[TASK TO CARRY OUT] Give the number of lines below with "done" in them, leaving out anything else.

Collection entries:
────────────────────────────────────────

-- ===== src/LogText/Parts.antt =====
-- What a top-level split is: `split_top_level` of dogwood-language/src/interpreter/log_parse.rs against a
-- grammar of texts whose brackets and quotes are closed.
use dogwood.Prelude.{
  ℕ, suc, ◌≡◌, ◌∙◌, refl, sym, ap, ap₂, subst, Bool, true, false, not, ◌&&◌, ◌||◌, List, [], ◌∷◌,
  ◌++◌, map, Str, ◌==◌, ==_iff, all, arith, join, &&_split, if◌then◌else◌,
}
use mathlib.Core.List.{append_assoc, append-nil}
use dogwood.Int.{ℤ, pos, negsuc, ◌+ℤ◌}
use dogwood.LogText.{push_front, split_from, split_top_level, opens, closes, is_top}

-- The inside of a quoted text, up to the quote that closes it.
pub data QuotedText : Type 0 where
  closing : QuotedText
  character : ℕ → QuotedText → QuotedText
  escaped : ℕ → QuotedText → QuotedText

pub data Text : Type 0 where
  done : Text
  plain : ℕ → Text → Text
  quoted : QuotedText → Text → Text
  -- An opening bracket, what is inside, a closing bracket, and what follows.
  group : ℕ → Text → ℕ → Text → Text

abbrev pub quoted_text : QuotedText → Str
quoted_text closing = b'"' ∷ []
quoted_text (character c q) = c ∷ quoted_text q
quoted_text (escaped c q) = b'\\' ∷ c ∷ quoted_text q

abbrev pub text_of : Text → Str
text_of done = []
text_of (plain c t) = c ∷ text_of t
text_of (quoted q t) = b'"' ∷ (quoted_text q ++ text_of t)
text_of (group a t b u) = a ∷ (text_of t ++ (b ∷ text_of u))

abbrev pub is_closed : QuotedText → Bool
is_closed closing = true
is_closed (character c q) = not (c == b'\\' || c == b'"') && is_closed q
is_closed (escaped c q) = is_closed q

abbrev pub is_special : ℕ → Bool
is_special c = c == b'"' || (opens c || closes c)

-- The delimiter is in no place but between brackets or quotes, if the text is on the top level; inside of
-- brackets it may be anywhere.
abbrev pub is_part : ℕ → Bool → Text → Bool
is_part delim top done = true
is_part delim top (plain c t) =
    not (is_special c) && (not (c == delim && top) && is_part delim top t)
is_part delim top (quoted q t) = is_closed q && is_part delim top t
is_part delim top (group a t b u) =
    opens a && (closes b && (is_part delim false t && is_part delim top u))

abbrev HasPart : List Str → Type 0
HasPart [] = ⊥
HasPart (p ∷ parts) = Unit

push_front-HasPart : (s : Str) (parts : List Str) → HasPart (push_front s parts)
push_front-HasPart s [] = tt
push_front-HasPart s (p ∷ parts) = tt

push_front-append :
    (a b : Str) (parts : List Str) → push_front a (push_front b parts) ≡ push_front (a ++ b) parts
push_front-append a b [] = refl
push_front-append a b (p ∷ parts) = ap (λ t. t ∷ parts) (sym (append_assoc a b p))

push_front-nil : (parts : List Str) → HasPart parts → push_front [] parts ≡ parts
push_front-nil [] h = absurd h
push_front-nil (p ∷ parts) h = refl

and_false : (b : Bool) → (b && false) ≡ false
and_false true = refl
and_false false = refl

module _ (delim : ℕ) where
  split_from-HasPart :
      (depth : ℤ) (in_str esc : Bool) (s : Str) → HasPart (split_from delim depth in_str esc s)
  unfolding split_from
  split_from-HasPart depth in_str esc [] = tt
  split_from-HasPart depth in_str true (c ∷ s) = push_front-HasPart (c ∷ []) _
  split_from-HasPart depth in_str false (c ∷ s) = choose (c == b'\\' && in_str) _ _ (push _) (
      choose (c == b'"') _ _ (push _) (
        choose (opens c && not in_str) _ _ (push _) (
          choose (closes c && not in_str) _ _ (push _)
            (choose ((c == delim && is_top depth) && not in_str) _ _ tt (push _)))))
    where
      push : (parts : List Str) → HasPart (push_front (c ∷ []) parts)
      push parts = push_front-HasPart (c ∷ []) parts

      choose : (b : Bool) (x y : List Str) → HasPart x → HasPart y → HasPart (if b then x else y)
      choose true x y p q = p
      choose false x y p q = q

  split_from-quoted_text :
      (q : QuotedText) (k : ℕ) (s : Str)
      → is_closed q ≡ true
      → split_from delim (pos k) true false (quoted_text q ++ s)
        ≡ push_front (quoted_text q) (split_from delim (pos k) false false s)
  unfolding split_from
  split_from-quoted_text closing k s h = refl
  split_from-quoted_text (character c q) k s h =
      let (p, r) = &&_split (not (c == b'\\' || c == b'"')) (is_closed q) h in
      let slash : (c == b'\\') ≡ false = ground arith in
      let not_quote : (c == b'"') ≡ false = ground arith in
      rw
        (
          slash,
          not_quote,
          and_false (opens c),
          and_false (closes c),
          and_false (c == delim && is_top (pos k)),
        )
        refl
      ∙ ap (push_front (c ∷ [])) (split_from-quoted_text q k s r)
      ∙ push_front-append (c ∷ []) (quoted_text q) _
  split_from-quoted_text (escaped c q) k s h =
      ap (λ parts. push_front (b'\\' ∷ []) (push_front (c ∷ []) parts))
        (split_from-quoted_text q k s h)
      ∙ ap (push_front (b'\\' ∷ [])) (push_front-append (c ∷ []) (quoted_text q) _)
      ∙ push_front-append (b'\\' ∷ []) (c ∷ quoted_text q) _

  deeper : (k : ℕ) → pos k +ℤ pos 1 ≡ pos (suc k)
  unfolding ◌+ℤ◌
  deeper k = ground arith

  shallower : (k : ℕ) → pos (suc k) +ℤ negsuc 0 ≡ pos k
  unfolding ◌+ℤ◌
  shallower k = ground arith

  enters :
      (a k : ℕ) (t s : Str)
      → opens a ≡ true
      → split_from delim (pos k) false false ((a ∷ t) ++ s)
        ≡ push_front (a ∷ []) (split_from delim (pos (suc k)) false false (t ++ s))
  unfolding split_from
  enters a k t s h =
      let not_quote : (a == b'"') ≡ false = ground arith in
      rw (and_false (a == b'\\'), not_quote, h, deeper k) refl

  leaves :
      (b k : ℕ) (s : Str)
      → closes b ≡ true
      → split_from delim (pos (suc k)) false false (b ∷ s)
        ≡ push_front (b ∷ []) (split_from delim (pos k) false false s)
  unfolding split_from
  leaves b k s h =
      let not_quote : (b == b'"') ≡ false = ground arith in
      let not_open : opens b ≡ false = ground arith in
      rw (and_false (b == b'\\'), not_quote, not_open, h, shallower k) refl

  split_from-text_of :
      (t : Text) (k : ℕ) (s : Str)
      → is_part delim (k == 0) t ≡ true
      → split_from delim (pos k) false false (text_of t ++ s)
        ≡ push_front (text_of t) (split_from delim (pos k) false false s)
  unfolding split_from
  split_from-text_of done k s h = sym (push_front-nil _ (split_from-HasPart (pos k) false false s))
  split_from-text_of (plain c t) k s h =
      let (p, r) = &&_split (not (is_special c)) _ h in
      let (d, u) = &&_split (not (c == delim && k == 0)) (is_part delim (k == 0) t) r in
      let not_quote : (c == b'"') ≡ false = ground arith in
      let not_open : opens c ≡ false = ground arith in
      let not_close : closes c ≡ false = ground arith in
      let cut : (c == delim && k == 0) ≡ false = ground arith in
      rw (and_false (c == b'\\'), not_quote, not_open, not_close, cut) refl
      ∙ ap (push_front (c ∷ [])) (split_from-text_of t k s u)
      ∙ push_front-append (c ∷ []) (text_of t) _
  split_from-text_of (quoted q t) k s h =
      let (p, r) = &&_split (is_closed q) (is_part delim (k == 0) t) h in
      ap (λ u. push_front (b'"' ∷ []) (split_from delim (pos k) true false u))
        (append_assoc (quoted_text q) (text_of t) s)
      ∙ ap (push_front (b'"' ∷ [])) (
          split_from-quoted_text q k (text_of t ++ s) p
          ∙ ap (push_front (quoted_text q)) (split_from-text_of t k s r)
          ∙ push_front-append (quoted_text q) (text_of t) _)
      ∙ push_front-append (b'"' ∷ []) (quoted_text q ++ text_of t) _
  split_from-text_of (group a t b u) k s h =
      let (p, r) = &&_split (opens a) _ h in
      let (q, v) = &&_split (closes b) _ r in
      let nested : (suc k == 0) ≡ false = ground arith in
      let (inner, after) = &&_split (is_part delim false t) (is_part delim (k == 0) u) v in
      enters a k (text_of t ++ (b ∷ text_of u)) s p
      ∙ ap (push_front (a ∷ [])) (
          ap (split_from delim (pos (suc k)) false false)
            (append_assoc (text_of t) (b ∷ text_of u) s)
          ∙ split_from-text_of t (suc k) (b ∷ (text_of u ++ s))
              (subst (λ top. is_part delim top t ≡ true) (sym nested) inner)
          ∙ ap (push_front (text_of t)) (
              leaves b k (text_of u ++ s) q
              ∙ ap (push_front (b ∷ [])) (split_from-text_of u k s after)
              ∙ push_front-append (b ∷ []) (text_of u) _)
          ∙ push_front-append (text_of t) (b ∷ text_of u) _)
      ∙ push_front-append (a ∷ []) (text_of t ++ (b ∷ text_of u)) _

  -- The delimiter on the top level ends a part.
  cuts :
      (s : Str)
      → is_special delim ≡ false
      → split_from delim (pos 0) false false (delim ∷ s)
        ≡ [] ∷ split_from delim (pos 0) false false s
  unfolding split_from
  cuts s h =
      let not_quote : (delim == b'"') ≡ false = ground arith in
      let not_open : opens delim ≡ false = ground arith in
      let not_close : closes delim ≡ false = ground arith in
      let same : (delim == delim) ≡ true = (==_iff delim delim).1 refl in
      rw (and_false (delim == b'\\'), not_quote, not_open, not_close, same) refl

  -- The split of texts that are joined by the delimiter gives the texts back, where each has its brackets and
  -- quotes closed and the delimiter only inside of them: brackets of any kind and nesting, quotes with escapes,
  -- and a delimiter that is neither a bracket nor a quote.
  pub split_top_level-join :
      (t : Text) (ts : List Text)
      → is_special delim ≡ false
      → all (is_part delim true) (t ∷ ts) ≡ true
      → split_top_level (join (delim ∷ []) (map text_of (t ∷ ts))) delim ≡ map text_of (t ∷ ts)
  unfolding split_top_level join
  split_top_level-join t [] d h =
      ap (split_from delim (pos 0) false false) (sym (append-nil (text_of t)))
      ∙ split_from-text_of t 0 [] (&&_split (is_part delim true t) true h).0
      ∙ unfold split_from in ap (λ p. p ∷ []) (append-nil (text_of t))
  split_top_level-join t (u ∷ ts) d h =
      let (p, q) = &&_split (is_part delim true t) _ h in
      split_from-text_of t 0 _ p
      ∙ ap (push_front (text_of t)) (cuts _ d)
      ∙ ap₂ ◌∷◌ (append-nil (text_of t)) (split_top_level-join u ts d q)
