-- ===== src/LogValue/Ends.antt =====
-- The last character of a text: `trim`, `strip_suffix` as dogwood-language/src/interpreter/log_parse.rs uses
-- them.
use dogwood.Prelude.{
  ℕ, ◌≡◌, ◌∙◌, refl, sym, ap, Bool, true, false, none, some, [], ◌∷◌, ◌++◌, Str, ◌==◌,
  if◌then◌else◌,
}
use mathlib.Core.List.{reverse, reverse-append, reverse-reverse}
use dogwood.LogValue.{is_whitespace, trim_start, trim_end, strip_first, strip_last, reversed}

pub strip_last-last :
    (d c : ℕ) (s : Str) → strip_last d (s ++ (c ∷ [])) ≡ (if c == d then some s else none)
unfolding strip_last
strip_last-last d c s =
    ap (λ t. reversed (strip_first d t)) (reverse-append s (c ∷ [])) ∙ finish (c == d)
  where
    finish :
        (b : Bool) → reversed (if b then some (reverse s) else none) ≡ (if b then some s else none)
    finish true = ap some (reverse-reverse s)
    finish false = refl

pub trim_end-last :
    (c : ℕ) (s : Str) → is_whitespace c ≡ false → trim_end (s ++ (c ∷ [])) ≡ s ++ (c ∷ [])
unfolding trim_end trim_start
trim_end-last c s h =
    ap (λ t. reverse (trim_start t)) (reverse-append s (c ∷ []))
    ∙ rw h (ap reverse (sym (reverse-append s (c ∷ []))))
    ∙ reverse-reverse (s ++ (c ∷ []))
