-- ===== src/LogValue/Nesting.antt =====
-- Arrays in the values of an event log, and how deep they may be: `parse_value` of
-- dogwood-language/src/interpreter/log_parse.rs.
use dogwood.Prelude.{
  ℕ, zero, suc, ◌≡◌, ◌∙◌, refl, ap, true, false, some, str_eq, List, [], ◌∷◌, ◌++◌, map, Str, str,
  all, All, join, ltb, if◌then◌else◌,
}
use dogwood.Prelude.Results.{Result, ok, err, ◌>>=◌}
use dogwood.Int.{pos}
use dogwood.Value
use dogwood.Value.{Value, Items}
use dogwood.LogText.{split_top_level}
use dogwood.LogText.Parts.{Text, done, plain, group, text_of, is_part, split_top_level-join}
use dogwood.LogValue.{
  is_whitespace, is_blank, trim, trim_start, enclosed, parse_items, words, too_deep,
  parse_value_depth,
}
use dogwood.LogValue.Ends.{strip_last-last, trim_end-last}

-- A text in square brackets.
abbrev bracketed_text : Str → Str
bracketed_text s = b'[' ∷ (s ++ (b']' ∷ []))

trim-bracketed_text : (s : Str) → trim (bracketed_text s) ≡ bracketed_text s
unfolding trim trim_start is_whitespace
trim-bracketed_text s = trim_end-last b']' (b'[' ∷ s) refl

enclosed-bracketed_text : (s : Str) → enclosed b'[' b']' (bracketed_text s) ≡ some s
unfolding enclosed
enclosed-bracketed_text s = strip_last-last b']' b']' s

words-bracketed_text :
    (parse : Str → Result Value) (s : Str)
    → words parse (bracketed_text s)
      ≡ (parse_items parse (split_top_level s b',') >>= λ vs. ok (Value.array vs))
unfolding str_eq
words-bracketed_text parse s = rw (enclosed-bracketed_text s) refl

-- A bracketed list of texts, each with its brackets and quotes closed and its commas inside of them, is the
-- array of what the texts are at the next level: blank ones are left out, and the first error is the result.
parse_value_depth-array :
    (levels : ℕ) (t : Text) (ts : List Text)
    → all (is_part b',' true) (t ∷ ts) ≡ true
    → parse_value_depth (suc levels) (b'[' ∷ (join (str ",") (map text_of (t ∷ ts)) ++ str "]")) ≡ (
        parse_items (parse_value_depth levels) (map text_of (t ∷ ts)) >>= λ vs. ok (Value.array vs))
unfolding parse_value_depth
parse_value_depth-array levels t ts h =
    ap (words (parse_value_depth levels))
      (trim-bracketed_text (join (str ",") (map text_of (t ∷ ts))))
    ∙ words-bracketed_text (parse_value_depth levels) (join (str ",") (map text_of (t ∷ ts)))
    ∙ ap (λ parts. parse_items (parse_value_depth levels) parts >>= λ vs. ok (Value.array vs))
        (split_top_level-join b',' t ts refl h)

-- An item of an array: a text, and what it is read as at the given level.
abbrev pub Item : Type 0
Item = Text × Value

abbrev pub item_texts : List Item → List Text
item_texts items = map (λ (e : Item). e.0) items

abbrev pub item_values : List Item → List Value
item_values items = map (λ (e : Item). e.1) items

-- The brackets and quotes of the text are closed, its commas are inside of them, it is not blank, and it is
-- read as the value.
abbrev pub IsReadAt : ℕ → Item → Type 0
IsReadAt levels (t, v) =
    (is_part b',' true t ≡ true)
    × (is_blank (trim (text_of t)) ≡ false)
    × (parse_value_depth levels (trim (text_of t)) ≡ ok v)

all_parts :
    (levels : ℕ) (items : List Item)
    → All (IsReadAt levels) items
    → all (is_part b',' true) (item_texts items) ≡ true
all_parts levels [] h = refl
all_parts levels ((t, v) ∷ items) h = rw (h.0.0, all_parts levels items h.1) refl

parse_items-read :
    (levels : ℕ) (items : List Item)
    → All (IsReadAt levels) items
    → parse_items (parse_value_depth levels) (map text_of (item_texts items))
      ≡ ok (Value.of_list (item_values items))
unfolding parse_items Value.of_list
parse_items-read levels [] h = refl
parse_items-read levels ((t, v) ∷ items) h =
    rw (h.0.1, h.0.2, parse_items-read levels items h.1) refl

-- Texts between square brackets, joined by commas, are read as the array of what each is read as one level
-- below, in order, where each text is not blank and has its brackets and quotes closed and its commas inside.
pub parse_value_depth-items :
    (levels : ℕ) (t : Text) (v : Value) (items : List Item)
    → All (IsReadAt levels) ((t, v) ∷ items)
    → parse_value_depth
        (suc levels)
        (b'[' ∷ (join (str ",") (map text_of (t ∷ item_texts items)) ++ str "]"))
      ≡ ok (Value.array (Value.of_list (v ∷ item_values items)))
parse_value_depth-items levels t v items h =
    parse_value_depth-array levels t (item_texts items) (all_parts levels ((t, v) ∷ items) h)
    ∙ ap (λ r. r >>= λ vs. ok (Value.array vs)) (parse_items-read levels ((t, v) ∷ items) h)

-- The text of a number in the given number of brackets, and its value.
abbrev pub nested : ℕ → Text
nested zero = plain b'0' done
nested (suc n) = group b'[' (nested n) b']' done

abbrev pub arrays : ℕ → Value
arrays zero = Value.int (pos 0)
arrays (suc n) = Value.array (Value.cons (arrays n) Value.nil)

-- A level is left, or the limit is met.
abbrev pub within_limit : ℕ → ℕ → Result Value
within_limit levels n = if ltb n levels then ok (arrays n) else err too_deep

────────────────────────────────────────

[RESPONSE TO THIS EXERCISE] 7